Une coalition d’opposition enfin autorisée à s’exprimer
Le Cadre national de concertation pour le changement au Togo (CNCC), une alliance regroupant quatre partis politiques d’opposition et des organisations de la société civile, a réussi à organiser sa première réunion publique. Plusieurs centaines de participants se sont réunis ce samedi pour défendre leurs revendications.
Davdi Dosseh, porte-parole du Front citoyen Togo debout, l’un des membres fondateurs du CNCC, a partagé son analyse : « Nous exigeons un changement de gouvernance, car le Togo est miné par la corruption endémique, des services publics défaillants et une stagnation économique criante. Depuis des années, des prétextes fallacieux sont systématiquement invoqués pour interdire nos rassemblements pacifiques. Pourtant, nous ne renoncerons jamais à nos droits. »

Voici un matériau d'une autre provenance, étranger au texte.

-- ===== src/Devices.antt =====
-- crates/sismatic-core/src/devices: what the process keeps about each device.
pub mod AutoDisabled
pub mod Vetoes
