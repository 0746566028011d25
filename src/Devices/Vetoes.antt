-- ===== src/Devices/Vetoes.antt =====
-- When a field is vetoed: after how many refusals, for how long, and what an answer undoes.
use sismatic.Common.{
  ℕ, zero, suc, refl, false, ◌||◌, eqb, ◌+◌, ◌<◌, ◌≤◌, ◌^◌, String, ◌≡◌, ap, ◌∙◌, Option, none,
  some, List, [], ◌∷◌, length, ltb, ◌==◌, eq_refl, arith, inl, inr, Bool-cases, if◌then◌else◌,
}
use sismatic.Common.Dict
use sismatic.Common.Dict.{Dict, get-insert, get-remove}
use sismatic.Devices.AutoDisabled.{
  AutoDisabled, Record, no_refusals, veto, veto_left, refused, refused_record, saturating_suc,
  answered, until_from,
}

-- One refusal at each of the instants, in order.
unfoldable pub refused_at : List ℕ → String → ℕ → Option ℕ → AutoDisabled → AutoDisabled
refused_at [] field threshold self_heal fields = fields
refused_at (now ∷ later) field threshold self_heal fields =
    refused_at later field threshold self_heal (refused now field threshold self_heal fields).1

abbrev pub last : ℕ → List ℕ → ℕ
last now [] = now
last now (t ∷ later) = last t later

get-refused :
    (now : ℕ) (field other : String) (threshold : ℕ) (self_heal : Option ℕ) (fields : AutoDisabled)
    → 0 < threshold
    → Dict.get other (refused now field threshold self_heal fields).1 ≡ (
        if field == other
        then some (refused_record now threshold self_heal (Dict.get_or field no_refusals fields))
        else Dict.get other fields)
unfolding refused
get-refused now field other threshold self_heal fields pos =
    let after = refused_record now threshold self_heal (Dict.get_or field no_refusals fields) in
    ground (arith, get-insert field other after fields)

module _ (field : String) (threshold : ℕ) (self_heal : Option ℕ) (pos : 0 < threshold)
    (small : threshold < 2 ^ 32) where
  -- Below the threshold the field is not vetoed.
  counted_lem :
      (times : List ℕ) (fields : AutoDisabled)
      → (Dict.get_or field no_refusals fields).vetoed_until ≡ none
      → (Dict.get_or field no_refusals fields).refusals + length times < threshold
      → (Dict.get_or field no_refusals
          (refused_at times field threshold self_heal fields)).vetoed_until
        ≡ none
  unfolding refused_at
  counted_lem [] fields open_field below = open_field
  counted_lem (now ∷ later) fields open_field below =
      let next = (refused now field threshold self_heal fields).1 in
      let found : Dict.get_or field no_refusals next
          ≡ refused_record now threshold self_heal (Dict.get_or field no_refusals fields) =
        ground (arith, get-refused now field field threshold self_heal fields, eq_refl field) in
      counted_lem later next (unfold refused_record saturating_suc in ground (arith, found))
        (unfold refused_record saturating_suc in ground (arith, found))

  -- The count stops at the largest number of 32 bits, which no threshold is above.
  saturating_suc_reaches : (n k : ℕ) → threshold ≤ n + suc k → threshold ≤ saturating_suc n + k
  unfolding saturating_suc
  saturating_suc_reaches n k h = ground arith

  vetoed_lem :
      (now : ℕ) (later : List ℕ) (fields : AutoDisabled)
      → threshold ≤ (Dict.get_or field no_refusals fields).refusals + length (now ∷ later)
      → (Dict.get_or field no_refusals
          (refused_at (now ∷ later) field threshold self_heal fields)).vetoed_until
        ≡ some (until_from (last now later) self_heal)
  unfolding refused_at
  vetoed_lem now [] fields reached =
      let enough =
        saturating_suc_reaches (Dict.get_or field no_refusals fields).refusals 0 reached in
      unfold refused_record in
      ground (arith, enough, get-refused now field field threshold self_heal fields, eq_refl field)
  vetoed_lem now (t ∷ later) fields reached =
      let before = (Dict.get_or field no_refusals fields).refusals in
      let next = (refused now field threshold self_heal fields).1 in
      let found : Dict.get_or field no_refusals next
          ≡ refused_record now threshold self_heal (Dict.get_or field no_refusals fields) =
        ground (arith, get-refused now field field threshold self_heal fields, eq_refl field) in
      let counted : (Dict.get_or field no_refusals next).refusals ≡ saturating_suc before =
        unfold refused_record in ground (arith, found) in
      vetoed_lem t later next
        (omega (arith, counted, saturating_suc_reaches before (suc (length later)) reached))

veto_of_log :
    (t : ℕ) (field : String) (fields : AutoDisabled)
    → veto t field fields ≡ veto_left t (Dict.get_or field no_refusals fields).vetoed_until
unfolding veto
veto_of_log t field fields = ground arith

answered_forgets :
    (field : String) (fields : AutoDisabled)
    → Dict.get_or field no_refusals (answered field fields).1 ≡ no_refusals
unfolding answered
answered_forgets field fields = ground (arith, get-remove field field fields, eq_refl field)

refused_at_inert :
    (times : List ℕ) (field : String) (self_heal : Option ℕ) (fields : AutoDisabled)
    → refused_at times field 0 self_heal fields ≡ fields
unfolding refused_at refused
refused_at_inert [] field self_heal fields = refl
refused_at_inert (now ∷ later) field self_heal fields =
    refused_at_inert later field self_heal fields

-- After an answer the count starts anew. At a threshold of 32 bits, and refused any number of times,
-- at any instants: refused fewer times than the threshold, or at the threshold zero, the field is not
-- vetoed; refused as often or oftener, it is vetoed, from the last refusal on, for as long as the
-- self-healing time says, or without an end where there is none.
pub veto-refused_at-answered :
    (t now : ℕ) (later : List ℕ) (field : String) (threshold : ℕ) (self_heal : Option ℕ)
    (fields : AutoDisabled)
    → threshold < 2 ^ 32
    → veto t field (refused_at (now ∷ later) field threshold self_heal (answered field fields).1)
      ≡ (if eqb threshold 0 || ltb (length (now ∷ later)) threshold
          then none
          else veto_left t (some (until_from (last now later) self_heal)))
veto-refused_at-answered t now later field zero self_heal fields small =
    let clean = (answered field fields).1 in
    ap (veto t field) (refused_at_inert (now ∷ later) field self_heal clean)
    ∙ veto_of_log t field clean
    ∙ ap (λ (r : Record). veto_left t r.vetoed_until) (answered_forgets field fields)
veto-refused_at-answered t now later field (suc n) self_heal fields small =
    let threshold = suc n in
    let pos : 0 < threshold = omega arith in
    let counts : eqb threshold 0 ≡ false = ground arith in
    let clean = (answered field fields).1 in
    let zero_count : (Dict.get_or field no_refusals clean).refusals ≡ 0 =
      ap (λ (r : Record). r.refusals) (answered_forgets field fields) in
    let unvetoed : (Dict.get_or field no_refusals clean).vetoed_until ≡ none =
      ap (λ (r : Record). r.vetoed_until) (answered_forgets field fields) in
    veto_of_log t field (refused_at (now ∷ later) field threshold self_heal clean)
    ∙ elim (Bool-cases (ltb (length (now ∷ later)) threshold)) [
      | inl below ↦ rw (
        counted_lem field threshold self_heal pos small (now ∷ later) clean unvetoed
            (ground (arith, zero_count)),
        below,
        counts,
      )
      | inr reached ↦ rw (
        vetoed_lem field threshold self_heal pos small now later clean (ground (arith, zero_count)),
        reached,
        counts,
      )
    ]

Une avancée politique à confirmer
Paul Amégankpo, analyste politique et directeur de l’Institut togolais Tamberma pour la gouvernance, reste prudent face à cette autorisation. Bien qu’il salue cette initiative, il souligne : « L’autorisation donnée par les autorités togolaises pour cette marche pacifique est un pas positif. Cependant, dans le contexte politique actuel, il est essentiel de considérer cette avancée avec prudence. Cela pourrait refléter une volonté de libéraliser les libertés d’expression, de manifestation et d’association, mais cela reste à confirmer. »
Pour lui, il est trop tôt pour parler d’une ouverture politique durable. « Il faudra observer d’autres signes concrets pour affirmer que le Togo s’engage résolument vers plus de démocratie et de liberté associative. »
Aucune réaction officielle des autorités togolaises n’a pu être obtenue à ce stade.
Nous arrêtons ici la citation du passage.